El viernes, 16 abril, se estrena 'Nadie sabe nada de gatos persas' (Kasi Az Gorbehaye Irani Khabar Nadareh', 2009), el último film de Bahman Ghobadi, cuya trascendencia reside, más que en valores fílmicos, en darnos a conocer un aspecto de la política de su país que los espectadores occidentales siquiera nos habíamos planteado: la llegada al poder en 2003 de Mahmoud Ahmadinejad conllevaba, entre otras cosas, la persecución de cualquier música no religiosa («ghéna»). Las mujeres no pueden cantar, excepto en coros, ya que las emociones que producen sus voces se consideran pecado. En Teherán existe una rica escena musical, pero que es literalmente underground, ya que los intérpretes deben esconderse en sótanos para que nadie les oiga ensayar.
Los gatos del título son para Ghobadi una metáfora de los jóvenes músicos. Los animales de compañía no se pueden sacar de casa, lo cual no evita el cariño que los habitantes les profesan. Como gatos y perros encerrados en cuatro paredes, pero apreciados y queridos, se encuentran los compositores de Indie Rock en Teherán. El autor quería crear, asimismo, un paralelismo con la otra forma artística que más disfruta: el cine, pues su situación es muy similar. Para él y todo su equipo, la obtención de permisos para rodar se hacía tan difícil como para los protagonistas de la película conseguir la autorización para dar un concierto.
'Nadie sabe nada de gatos persas' es un film rodado con estilo semidocumental. La cámara persigue, con una intención naturalista, a dos músicos y a su representante —único actor que no se interpreta a sí mismo—, mientras buscan miembros para formar un grupo. Los personajes, los lugares y las conversaciones son siempre reales. Con la idea de realizar un documental, Bahman Ghobadi comenzó a acercarse a esta realidad y, más adelante, decidió incluir elementos de ficción que, en mi opinión, están de más.

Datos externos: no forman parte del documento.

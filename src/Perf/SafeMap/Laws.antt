-- ===== src/Perf/SafeMap/Laws.antt =====
-- What the operations of pkg/sys/perf/maps.go do to the map that a reader finds, and to a map that
-- a reader has loaded before.
use capsule.Prelude.{
  ℕ, zero, suc, ◌<◌, List, [], ◌∷◌, ◌++◌, Option, none, some, ◌≡◌, refl, ◌∙◌, ap, arith, length,
  get_elem?, set, if◌then◌else◌, get_elem?-set_self, length-append, length-set,
}
use capsule.Prelude.Maps.{number_key, GoMap, lookup, delete_all, put_all, Unique}
use capsule.Prelude.Maps.Laws.{
  or_else, names, lookup-put_all, lookup-delete_all, put_all-Unique, delete_all-Unique,
}
use capsule.Perf.SafeMap.{
  SafeMap, contents, get_map, store, remove_in_place, remove, update_in_place, update, find,
}

-- The operations of maps.go, by name.
pub data Op (V : Type 0) : Type 0 where
  update_op update_in_place_op : GoMap ℕ V → Op V
  remove_op remove_in_place_op : List ℕ → Op V

empty-Unique : (V : Type 0) → Unique {K = ℕ} {V = V} []
unfolding Unique
empty-Unique V = tt

-- A reference, where there is one, is below the heap's length.
abbrev pub Allocated : Option ℕ → ℕ → Type 0
Allocated none n = Unit
Allocated (some ref) n = ref < n

module _ {V : Type 0} where
  -- The active reference is one of the heap's, and each map holds a key once.
  pub record IsValid (m : SafeMap V) : Type 0 where
    pub allocated : Allocated m.active (length m.heap)
    pub keyed : Unique (contents m.heap m.active)

  unfoldable pub run : Op V → SafeMap V → SafeMap V
  unfolding update update_in_place remove remove_in_place
  run (Op.update_op from) m = update from m
  run (Op.update_in_place_op from) m = update_in_place from m
  run (Op.remove_op ids) m = remove ids m
  run (Op.remove_in_place_op ids) m = remove_in_place ids m

  -- What the operation does to a map seen as a function.
  unfoldable pub effect : Op V → (ℕ → Option V) → ℕ → Option V
  unfolding names lookup
  effect (Op.update_op from) f id = or_else (lookup id from) (f id)
  effect (Op.update_in_place_op from) f id = or_else (lookup id from) (f id)
  effect (Op.remove_op ids) f id = if names ids id then none else f id
  effect (Op.remove_in_place_op ids) f id = if names ids id then none else f id

  -- The maps an operation is given hold a key once.
  abbrev pub Given : Op V → Type 0
  Given (Op.update_op from) = Unique from
  Given (Op.update_in_place_op from) = Unique from
  Given (Op.remove_op ids) = Unit
  Given (Op.remove_in_place_op ids) = Unit

  last-append :
      (h : List (GoMap ℕ V)) (e : GoMap ℕ V) → get_elem? (h ++ (e ∷ [])) (length h) ≡ some e
  last-append [] e = refl
  last-append (x ∷ h) e = last-append h e

  kept-append :
      (h : List (GoMap ℕ V)) (e : GoMap ℕ V) (i : ℕ)
      → i < length h
      → get_elem? (h ++ (e ∷ [])) i ≡ get_elem? h i
  kept-append [] e i l = absurd (omega arith)
  kept-append (x ∷ h) e zero l = refl
  kept-append (x ∷ h) e (suc i) l = kept-append h e i (omega arith)

  contents-append :
      (h : List (GoMap ℕ V)) (e : GoMap ℕ V) → contents (h ++ (e ∷ [])) (some (length h)) ≡ e
  unfolding contents
  contents-append h e = rw (contents, last-append h e)

  pub contents-kept :
      (h : List (GoMap ℕ V)) (e : GoMap ℕ V) (i : ℕ)
      → i < length h
      → contents (h ++ (e ∷ [])) (some i) ≡ contents h (some i)
  unfolding contents
  contents-kept h e i l = rw (contents, kept-append h e i l)

  contents-set :
      (h : List (GoMap ℕ V)) (i : ℕ) (e : GoMap ℕ V)
      → i < length h
      → contents (set h i e) (some i) ≡ e
  unfolding contents
  contents-set h i e l = rw (contents, get_elem?-set_self h i e l)

  or_none : (o : Option V) → or_else o none ≡ o
  or_none none = refl
  or_none (some v) = refl

  copied : (m : GoMap ℕ V) (id : ℕ) → Unique m → lookup id (put_all m []) ≡ lookup id m
  unfolding lookup
  copied m id u = lookup-put_all id m [] u ∙ or_none (lookup id m)

  -- A step that stores a fresh map, or that writes in place, leaves its entries active.
  stored :
      (e : GoMap ℕ V) (m : SafeMap V)
      → Unique e
      → IsValid (store e m) × ((id : ℕ) → find (store e m) id ≡ lookup id e)
  unfolding store find get_map
  stored e m u = (
    record {
      allocated = omega (arith, length-append m.heap (e ∷ []));
      keyed = rw (contents-append m.heap e) u;
    },
    λ id. rw (contents-append m.heap e),
  )

  written :
      (e : GoMap ℕ V) (m : SafeMap V) (ref : ℕ)
      → m.active ≡ some ref
      → ref < length m.heap
      → Unique e
      → let m' : SafeMap V = record m { heap = set m.heap ref e } in
        IsValid m' × ((id : ℕ) → find m' id ≡ lookup id e)
  unfolding find get_map
  written e m ref a l u = (
    record {
      allocated = rw (a, length-set m.heap ref e) l;
      keyed = rw (a, contents-set m.heap ref e l) u;
    },
    λ id. rw (a, contents-set m.heap ref e l),
  )

  copy-Unique : (h : GoMap ℕ V) → Unique (put_all h [])
  copy-Unique h = put_all-Unique h [] (empty-Unique V)

  -- A map as its two parts, for a split on the reference.
  abbrev made : List (GoMap ℕ V) → Option ℕ → SafeMap V
  made h a = record { heap = h; active = a }

  in_place_update :
      (from : GoMap ℕ V) (h : List (GoMap ℕ V)) (a : Option ℕ)
      → Unique from
      → IsValid (made h a)
      → IsValid (update_in_place from (made h a))
        × ((id : ℕ)
            → find (update_in_place from (made h a)) id
              ≡ or_else (lookup id from) (find (made h a) id))
  unfolding update_in_place find get_map contents lookup
  in_place_update from h none g v =
      let (v', f) = stored (put_all from []) (made h none) (copy-Unique from) in
      (v', λ id. f id ∙ lookup-put_all id from [] g)
  in_place_update from h (some ref) g v =
      let old : GoMap ℕ V = contents h (some ref) in
      let (v', f) =
        written (put_all from old) (made h (some ref)) ref refl v.allocated
          (put_all-Unique from old v.keyed) in
      (v', λ id. f id ∙ lookup-put_all id from old g)

  in_place_remove :
      (ids : List ℕ) (h : List (GoMap ℕ V)) (a : Option ℕ)
      → IsValid (made h a)
      → IsValid (remove_in_place ids (made h a))
        × ((id : ℕ)
            → find (remove_in_place ids (made h a)) id
              ≡ (if names ids id then none else find (made h a) id))
  unfolding remove_in_place find get_map contents lookup
  in_place_remove ids h none v = (v, λ id. ground arith)
  in_place_remove ids h (some ref) v =
      let old : GoMap ℕ V = contents h (some ref) in
      let (v', f) =
        written (delete_all ids old) (made h (some ref)) ref refl v.allocated
          (delete_all-Unique ids old v.keyed) in
      (v', λ id. f id ∙ lookup-delete_all id ids old)

  -- Every operation, on a copy or in place, keeps the map well formed, and a reader then finds what
  -- the operation says: an update's entry before an older one, and no id that was removed.
  pub run_lem :
      (op : Op V) (m : SafeMap V)
      → Given op
      → IsValid m
      → IsValid (run op m) × ((id : ℕ) → find (run op m) id ≡ effect op (find m) id)
  unfolding run effect update remove find get_map
  run_lem (Op.update_op from) m g v =
      let old : GoMap ℕ V = contents m.heap m.active in
      let (v', f) =
        stored (put_all from (put_all old [])) m
          (put_all-Unique from (put_all old []) (copy-Unique old)) in
      (
        v',
        λ id.
            f id
            ∙ lookup-put_all id from (put_all old []) g
            ∙ ap (or_else (lookup id from)) (copied old id v.keyed),
      )
  run_lem (Op.update_in_place_op from) m g v = in_place_update from m.heap m.active g v
  run_lem (Op.remove_op ids) m g v =
      let old : GoMap ℕ V = contents m.heap m.active in
      let (v', f) =
        stored (delete_all ids (put_all old [])) m
          (delete_all-Unique ids (put_all old []) (copy-Unique old)) in
      (
        v',
        λ id.
            f id
            ∙ lookup-delete_all id ids (put_all old [])
            ∙ ap (λ o. if names ids id then none else o) (copied old id v.keyed),
      )
  run_lem (Op.remove_in_place_op ids) m g v = in_place_remove ids m.heap m.active v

Uno de estos recursos consiste en presentar un objetivo de los protagonistas —conseguir papeles para tocar— que quedará en suspenso mientras se ofrece un muestrario completo de los músicos teheraníes. Una tras otra, asistimos a las actuaciones de una docena de grupos a los que el director regala, con extrema generosidad, un videoclip compuesto casi siempre con imágenes de Irán y algún plano que ilustra el contenido de la canción. Estos montajes musicales, muy similares entre sí, sobrecargan la película y la convierten en repetitiva. Sin el despiste del falso planteamiento de ficción, la cinta no se me antojaría excesiva ni reiterativa, pues sabría que lo que me va a aportar es el descubrimiento de nuevas bandas.

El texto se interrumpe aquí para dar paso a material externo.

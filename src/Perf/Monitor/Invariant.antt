-- ===== src/Perf/Monitor/Invariant.antt =====
-- What the event monitor of pkg/sys/perf/monitor.go keeps track of: nothing is recorded that does not
-- belong to a registered event.
use capsule.Prelude.{
  ℕ, List, [], ◌∷◌, Bool, true, false, ◌||◌, Option, none, some, if◌then◌else◌, ◌≡◌, inl, inr, refl,
  sym, ap, ◌∙◌, Bool-cases,
}
use capsule.Prelude.Maps.{number_key, GoMap, Unique, lookup, delete, delete_all}
use capsule.Prelude.Maps.Laws.{names, same_self, or_else, lookup-delete_all}
use capsule.Prelude.Maps.Entries.{not_deleted, of_delete_all, of_if_none}
use capsule.Perf.Attr.{EventAttr}
use capsule.Perf.SafeMap.{SafeMap, find}
use capsule.Perf.SafeMap.Laws.{IsValid, Op, run_lem, run, effect}
use capsule.Perf.Monitor.{
  RegisteredEvent, EventMonitor, ids_of, updated, removed, remove_registered_event,
}

module _ {V : Type 0} where
  pub updated_lem :
      (b : Bool) (new : GoMap ℕ V) (m : SafeMap V)
      → Unique new
      → IsValid m
      → IsValid (updated b new m)
        × ((id : ℕ) → find (updated b new m) id ≡ or_else (lookup id new) (find m id))
  unfolding updated run effect
  updated_lem true new m u v = run_lem (Op.update_op new) m u v
  updated_lem false new m u v = run_lem (Op.update_in_place_op new) m u v

  pub removed_lem :
      (b : Bool) (ids : List ℕ) (m : SafeMap V)
      → IsValid m
      → IsValid (removed b ids m)
        × ((id : ℕ) → find (removed b ids m) id ≡ (if names ids id then none else find m id))
  unfolding removed run effect
  removed_lem true ids m v = run_lem (Op.remove_op ids) m tt v
  removed_lem false ids m v = run_lem (Op.remove_in_place_op ids) m tt v

-- A descriptor of one of the events.
unfoldable pub Owned : ℕ → GoMap ℕ RegisteredEvent → Type 0
unfolding names lookup
Owned fd events =
    (i : ℕ) × (event : RegisteredEvent) × (lookup i events ≡ some event)
    × (names event.fds fd ≡ true)

-- The descriptors recorded, and those open, are those of the events; and the identifiers in the two
-- maps are those of descriptors.
pub record Tracked {F : Type 0} (events : GoMap ℕ RegisteredEvent) (m : EventMonitor F)
    : Type 0 where
  pub fds : (fd i : ℕ) → lookup fd m.eventfds ≡ some i → Owned fd events
  pub opened : (fd : ℕ) (u : Unit {0}) → lookup fd m.open_fds ≡ some u → Owned fd events
  pub ids : (fd id : ℕ) → lookup fd m.eventids ≡ some id → Owned fd events
  pub attrs_valid : IsValid m.event_attr_map
  pub streams_valid : IsValid m.event_id_map
  pub attrs :
      (id : ℕ) (a : EventAttr)
      → find m.event_attr_map id ≡ some a
      → (fd : ℕ) × (lookup fd m.eventids ≡ some id)
  pub streams :
      (id e : ℕ) → find m.event_id_map id ≡ some e → (fd : ℕ) × (lookup fd m.eventids ≡ some id)

pub or_false : (a b : Bool) → (a || b) ≡ true → a ≡ false → b ≡ true
or_false true b h e = cc
or_false false b h e = h

pub or_first : (a b : Bool) → a ≡ true → (a || b) ≡ true
or_first true b h = refl
or_first false b h = cc

pub or_second : (a b : Bool) → b ≡ true → (a || b) ≡ true
or_second true b h = refl
or_second false b h = h

-- The identifier of each descriptor given is among those that `removeRegisteredEvent` collects.
pub ids_of-names :
    (fds : List ℕ) (eventids : GoMap ℕ ℕ) (fd id : ℕ)
    → names fds fd ≡ true
    → lookup fd eventids ≡ some id
    → names (ids_of fds eventids) id ≡ true
unfolding names ids_of
ids_of-names [] eventids fd id h e = cc
ids_of-names (g ∷ fds) eventids fd id h e = elim (Bool-cases (number_key.same g fd)) [
  | inl s ↦
      let g' : g ≡ fd = (number_key.same_iff g fd).0 s in
      let e' : lookup g eventids ≡ some id = ap (λ k. lookup k eventids) g' ∙ e in
      rw (ids_of, e') (or_first _ _ (same_self id))
  | inr s ↦
      let n : names fds fd ≡ true = or_false _ _ h s in
      there (lookup g eventids) refl (ids_of-names fds eventids fd id n e)
        (ids_of-names fds (delete g eventids) fd id n (not_deleted g fd eventids s ∙ e))
]
  where
    there :
        (o : Option ℕ)
        → lookup g eventids ≡ o
        → names (ids_of fds eventids) id ≡ true
        → names (ids_of fds (delete g eventids)) id ≡ true
        → names (ids_of (g ∷ fds) eventids) id ≡ true
    there none o n d = rw (ids_of, o) n
    there (some j) o n d = rw (ids_of, o) (or_second _ _ d)

module _ {F : Type 0} where
  -- Without an event, the rest belongs to the other events.
  pub remove_registered_event-Tracked :
      (events rest : GoMap ℕ RegisteredEvent) (event : RegisteredEvent) (m : EventMonitor F)
      → ((fd : ℕ) → Owned fd events → names event.fds fd ≡ false → Owned fd rest)
      → Tracked events m
      → Tracked rest (remove_registered_event event m)
  unfolding remove_registered_event
  remove_registered_event-Tracked events rest event m o t =
      let ids : List ℕ = ids_of event.fds m.eventids in
      let (v, f) = removed_lem m.is_running ids m.event_attr_map t.attrs_valid in
      let (w, g) = removed_lem m.is_running ids m.event_id_map t.streams_valid in
      record {
        fds = λ fd i h.
            let (n, k) = of_delete_all event.fds fd m.eventfds i h in o fd (t.fds fd i k) n;
        opened = λ fd u h.
            let (n, k) = of_delete_all event.fds fd m.open_fds u h in o fd (t.opened fd u k) n;
        ids = λ fd id h.
            let (n, k) = of_delete_all event.fds fd m.eventids id h in o fd (t.ids fd id k) n;
        attrs_valid = v;
        streams_valid = w;
        attrs = λ id a h.
            let (n, k) = of_if_none (names ids id) (find m.event_attr_map id) a (sym (f id) ∙ h) in
            kept id n (t.attrs id a k);
        streams = λ id e h.
            let (n, k) = of_if_none (names ids id) (find m.event_id_map id) e (sym (g id) ∙ h) in
            kept id n (t.streams id e k);
      }
    where
      kept :
          (id : ℕ)
          → names (ids_of event.fds m.eventids) id ≡ false
          → (fd : ℕ) × (lookup fd m.eventids ≡ some id)
          → (fd : ℕ) × (lookup fd (delete_all event.fds m.eventids) ≡ some id)
      kept id n (fd, h) = elim (Bool-cases (names event.fds fd)) [
        | inl b ↦ let z : true ≡ false = sym (ids_of-names event.fds m.eventids fd id b h) ∙ n in cc
        | inr b ↦ (
          fd,
          lookup-delete_all fd event.fds m.eventids
              ∙ ap (λ b. if b then none else lookup fd m.eventids) b
              ∙ h,
        )
      ]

El protagonismo de Ashkan y Negar es igualmente prescindible ya que, si bien sólo son una mera excusa, un hilo conductor, empañan demasiado el film con una presencia que, por profusa que sea, no sirve como muestra de lo que sucede. En ningún momento parece que estos jóvenes se enfrenten a auténticos problemas. Ghobadi no profundiza lo bastante en el conflicto ni muestra la situación con suficiente exactitud. Así, resulta necesario el apoyo de textos en los que el autor define sus aspiraciones o de explicaciones sobre la vida iraní para comprender las dimensiones de lo que se describe.
Completo mi apuesta por el documental con un comentario sobre el final. Todo lo mostrado en el film es real, excepto por los últimos sucesos. A pesar de que su falsedad no es completa, pues aclara Ghobadi que las fiestas suelen terminar así, suponen una salida de tono con respecto al fluir general de la cinta y quedan muy forzados. Estos hechos finales se han introducido para que se perciba la gravedad del asunto y, si bien, era lo que le exigía al autor unas líneas más arriba, quizá no era ésta la mejor forma de lograrlo.

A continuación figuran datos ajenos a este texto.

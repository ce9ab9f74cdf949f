-- ===== src/Perf/Monitor/Close.antt =====
-- `Close` and `UnregisterEvent` of pkg/sys/perf/monitor.go leave nothing behind.
use capsule.Prelude.{
  ℕ, [], ◌∷◌, Bool, true, false, Option, none, some, if◌then◌else◌, ◌≡◌, inl, inr, refl, sym, ap,
  ◌∙◌, Bool-cases,
}
use capsule.Prelude.Outcome.{ok}
use capsule.Prelude.Maps.{number_key, GoMap, lookup, delete}
use capsule.Prelude.Maps.Laws.{names, same_self}
use capsule.Prelude.Maps.Entries.{none_not_some, some_eq, of_if, not_deleted}
use capsule.Perf.SafeMap.{contents, get_map, find}
use capsule.Perf.DecoderMap.{DecoderMap}
use capsule.Perf.Monitor.{
  RegisteredEvent, EventMonitor, remove_registered_event, remove_events, close, unregister_event,
  unregister_found,
}
use capsule.Perf.Monitor.Invariant.{Owned, Tracked, remove_registered_event-Tracked}

-- A map in which no key is found is empty.
none_left : {V : Type 0} (m : GoMap ℕ V) → ((k : ℕ) (v : V) → lookup k m ≡ some v → ⊥) → m ≡ []
unfolding lookup
none_left [] h = refl
none_left ((k, v) ∷ m) h = absurd (h k v (ap (λ b. if b then some v else lookup k m) (same_self k)))

not_owned : (fd : ℕ) → Owned fd [] → ⊥
unfolding Owned lookup
not_owned fd (i, e, h, n) = none_not_some e h

both_names :
    (e e' : RegisteredEvent) (fd : ℕ) {R : Type 0}
    → e ≡ e'
    → names e'.fds fd ≡ true
    → names e.fds fd ≡ false
    → R
both_names e e' fd h n n' =
    let z : true ≡ false = sym n ∙ ap (λ e. names e.fds fd) (sym h) ∙ n' in cc

others :
    (id : ℕ) (event : RegisteredEvent) (rest : GoMap ℕ RegisteredEvent) (fd : ℕ)
    → Owned fd ((id, event) ∷ rest)
    → names event.fds fd ≡ false
    → Owned fd rest
unfolding Owned lookup
others id event rest fd (i, e, h, n) n' =
    elim (of_if (number_key.same id i) (some event) (lookup i rest) e h) [
      | inl (s, g) ↦ both_names event e fd (some_eq event e g) n n'
      | inr (s, g) ↦ (i, e, g, n)
    ]

-- An event's descriptors apart, those of the other events remain.
undeleted :
    (id : ℕ) (event : RegisteredEvent) (events : GoMap ℕ RegisteredEvent) (fd : ℕ)
    → lookup id events ≡ some event
    → Owned fd events
    → names event.fds fd ≡ false
    → Owned fd (delete id events)
unfolding Owned
undeleted id event events fd h (i, e, g, n) n' = elim (Bool-cases (number_key.same id i)) [
  | inl s ↦
      let s' : id ≡ i = (number_key.same_iff id i).0 s in
      both_names event e fd (some_eq event e (sym h ∙ ap (λ k. lookup k events) s' ∙ g)) n n'
  | inr s ↦ (i, e, not_deleted id i events s ∙ g, n)
]

module _ {F : Type 0} where
  remove_events-Tracked :
      (events : GoMap ℕ RegisteredEvent) (m : EventMonitor F)
      → Tracked events m
      → Tracked [] (remove_events events m)
  unfolding remove_events
  remove_events-Tracked [] m t = t
  remove_events-Tracked ((id, event) ∷ events) m t =
      remove_events-Tracked events (remove_registered_event event m)
        (remove_registered_event-Tracked _ events event m (others id event events) t)

  -- Of a monitor that keeps track of its events, `Close` does not panic, and leaves no descriptor of an
  -- event open.
  pub close_lem :
      (m : EventMonitor F)
      → Tracked m.events m
      → (m' : EventMonitor F) × (close m ≡ ok m') × (m'.open_fds ≡ [])
  unfolding close find get_map
  close_lem m t =
      let n : EventMonitor F = remove_events m.events m in
      let t' : Tracked [] n = remove_events-Tracked m.events m t in
      let e₁ = none_left n.eventfds λ fd i h. not_owned fd (t'.fds fd i h) in
      let e₂ = none_left n.eventids λ fd i h. not_owned fd (t'.ids fd i h) in
      let e₃ =
        none_left (contents n.event_attr_map.heap n.event_attr_map.active)
          λ id a h. let (fd, k) = t'.attrs id a h in not_owned fd (t'.ids fd id k) in
      let e₄ =
        none_left (contents n.event_id_map.heap n.event_id_map.active)
          λ id a h. let (fd, k) = t'.streams id a h in not_owned fd (t'.ids fd id k) in
      (
        record n { events = [] },
        rw (close, e₁, e₂, e₃, e₄) refl,
        none_left n.open_fds λ fd u h. not_owned fd (t'.opened fd u h),
      )

  -- The names, the counters and the table of events are not tracked.
  pub same_fields :
      (events : GoMap ℕ RegisteredEvent) (m : EventMonitor F) (next : ℕ)
      (table : GoMap ℕ RegisteredEvent) (decoders : Option (DecoderMap F)) (running : Bool)
      → Tracked events m
      → Tracked events (record m {
        next_event_id = next;
        events = table;
        decoders = decoders;
        is_running = running;
      })
  same_fields events m next table decoders running t = record {
    fds = t.fds;
    opened = t.opened;
    ids = t.ids;
    attrs_valid = t.attrs_valid;
    streams_valid = t.streams_valid;
    attrs = t.attrs;
    streams = t.streams;
  }

  pub unregister_event-Tracked :
      (id : ℕ) (m : EventMonitor F)
      → Tracked m.events m
      → Tracked (unregister_event id m).1.events (unregister_event id m).1
  unfolding unregister_event unregister_found remove_registered_event
  unregister_event-Tracked id m t = go (lookup id m.events) refl
    where
      go :
          (o : Option RegisteredEvent)
          → lookup id m.events ≡ o
          → Tracked (unregister_found o id m).1.events (unregister_found o id m).1
      go none e = t
      go (some event) e =
          remove_registered_event-Tracked m.events (delete id m.events) event
            (record m { events = delete id m.events }) (λ fd. undeleted id event m.events fd e)
            (same_fields m.events m m.next_event_id (delete id m.events) m.decoders m.is_running t)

La durísima crónica sobre la guerra en el Kurdistán que supuso 'Las tortugas también vuelan' ('Lakposhtha parvaz mikonand', 2004) es de esos films que preferiría no haber visto, a pesar de su enorme calidad. El retrato del Irán actual de 'Nadie sabe nada de gatos persas' se sitúa, quizá, en el extremo opuesto, al ser demasiado leve la herida que lacera la conciencia. Y es que a veces parece que somos tan masoquistas que preferimos que nos hagan sufrir a que nos dejen indiferentes.